The Q&A Archives: Tomato Wilt Disease Resistant Varieties

Question: I purchased "Better Boy" tomato plants that are supposed to be VFN. When my plants reached 5-6' tall and already had large tomatoes on them, the outer edges of one plant looked as if it was wilted - as if it needed water. The soil was damp and none of the other tomato plants exhibited this. Within a few days, all the outer edges of all leaves were like that so I pulled the plant up and destroyed it. There were no nematodes on the roots. In the next few days, the same thing happened, one by one, to all my tomato plants. It seems I may have a wilt, but I purchased resistant varieties from a reputable nursery. What do you think caused this and what do I do to insure this will not happen next year?

Answer: There are three possibilities that come to mind. First, if there is a black walnut tree nearby, the toxin produced by its roots, which extend beyond its branches, can cause such symptoms.

Another possibility is that you have a strain of a wilt fungus in your soil that is not affected by your plant's resistance. You may notice tomato varieties with VF1F2N after their name. This indicates resistance to two different strains or races of the Fusarium fungus.

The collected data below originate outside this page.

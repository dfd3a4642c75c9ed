-- ===== src/Release/Evidence.antt =====
-- Evidence, records, and the local release of a record: prism_serve/scheduler/resource_release.py.
use prism_serve.Base.{
  String, Bool, false, not, ◌||◌, Option, none, some, List, [], ◌∷◌, if◌then◌else◌, ◌==◌, nat_key,
  text_key, pair_key, length, Error, value_error, runtime_error, ok, err, Action, ◌>>=◌, ◌>>◌,
}
use prism_serve.Base.Dict.{lookup}
use prism_serve.Base.Order.{distinct_count}
use prism_serve.Scheduler.State.{released, quarantined, PdScheduler}
use prism_serve.Scheduler.Leases.{same, differs, release_quarantined_decode_slot}

pub record ReplacementEvidence : Type 0 where
  pub restart_run_id : String
  pub old_topology_generation : String
  pub new_topology_generation : String
  pub old_termination_proof_digests : List String
  pub fresh_resource_report_digests : List String
  pub excluded_old_operation_digest : String
  pub accepted : Bool
  pub decision_digest : String

-- The key and the cleanup of a ReplacementReleaseRecord, which are what a release reads.
pub record ReleaseRecord : Type 0 where
  pub cleanup_id : String
  pub operation_id : String
  pub lease_id : String

-- `_validate_replacement_evidence`: the first check that fails.
unfoldable pub evidence_error : ReplacementEvidence → Option Error
evidence_error e =
    if not e.accepted
    then some (value_error "restart run is not accepted")
    else if e.old_topology_generation == e.new_topology_generation
    then some (value_error "replacement requires a fresh topology generation")
    else if not (length e.old_termination_proof_digests == 4)
    then some (value_error "replacement requires four old termination proofs")
    else if not (distinct_count e.old_termination_proof_digests == 4)
    then some (value_error "old termination proofs must identify four members")
    else if not (length e.fresh_resource_report_digests == 4)
    then some (value_error "replacement requires four fresh complete reports")
    else if not (distinct_count e.fresh_resource_report_digests == 4)
    then some (value_error "resource reports must identify four members")
    else if e.excluded_old_operation_digest == "" || e.decision_digest == ""
    then some (value_error "replacement evidence digests are required")
    else none

unfoldable pub require_live_quarantined_lease : ReleaseRecord → Action PdScheduler (Unit {0})
require_live_quarantined_lease r s = elim (lookup r.operation_id s.slot_leases) [
  | none ↦ (err (value_error "NO_LIVE_REPLACEMENT_LEASE"), s)
  | some l ↦
      if not (l.lease_id == r.lease_id) || not (same l.state quarantined)
      then (err (value_error "NO_LIVE_REPLACEMENT_LEASE"), s)
      else (ok tt, s)
]

-- `if not released: raise`
unfoldable pub require_released : Bool → Action PdScheduler (Unit {0})
require_released b s =
    if b
    then (ok tt, s)
    else (err (runtime_error "durable replacement record did not release its local lease"), s)

unfoldable pub release_local_record : ReleaseRecord → Bool → Action PdScheduler (Unit {0})
release_local_record r allow_missing s = elim (lookup r.operation_id s.slot_leases) [
  | none ↦ if allow_missing then (ok tt, s) else (err (value_error "NO_LIVE_REPLACEMENT_LEASE"), s)
  | some l ↦
      if not (l.lease_id == r.lease_id)
      then (err (value_error "NO_LIVE_REPLACEMENT_LEASE"), s)
      else if same l.state released
      then (if differs (some r.cleanup_id) l.release_cleanup_id
          then (err (value_error "released replacement lease used another cleanup id"), s)
          else (ok tt, s))
      else if not (same l.state quarantined)
      then (err (value_error "NO_LIVE_REPLACEMENT_LEASE"), s)
      else (release_quarantined_decode_slot r.operation_id (some r.lease_id) (some r.cleanup_id)
            >>= require_released)
          s
]

-- `release_persisted_replacement_batch`
unfoldable pub release_batch : List ReleaseRecord → Action PdScheduler (Unit {0})
release_batch [] s = (ok tt, s)
release_batch (r ∷ rs) s = (release_local_record r false >> release_batch rs) s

Next year, you should try planting the tomatoes in another location or in containers filled with a good clean growing mix. Another option is to try varieties that boast multiple strains of a wilt fungus.

A final possibility is that the plants were not the variety that they were supposed to be. You indicated the nursery was reputable. However, not all such mix-ups are intentional. There are likely several places up the line from you and your nursery where an innocent mistake could have been made.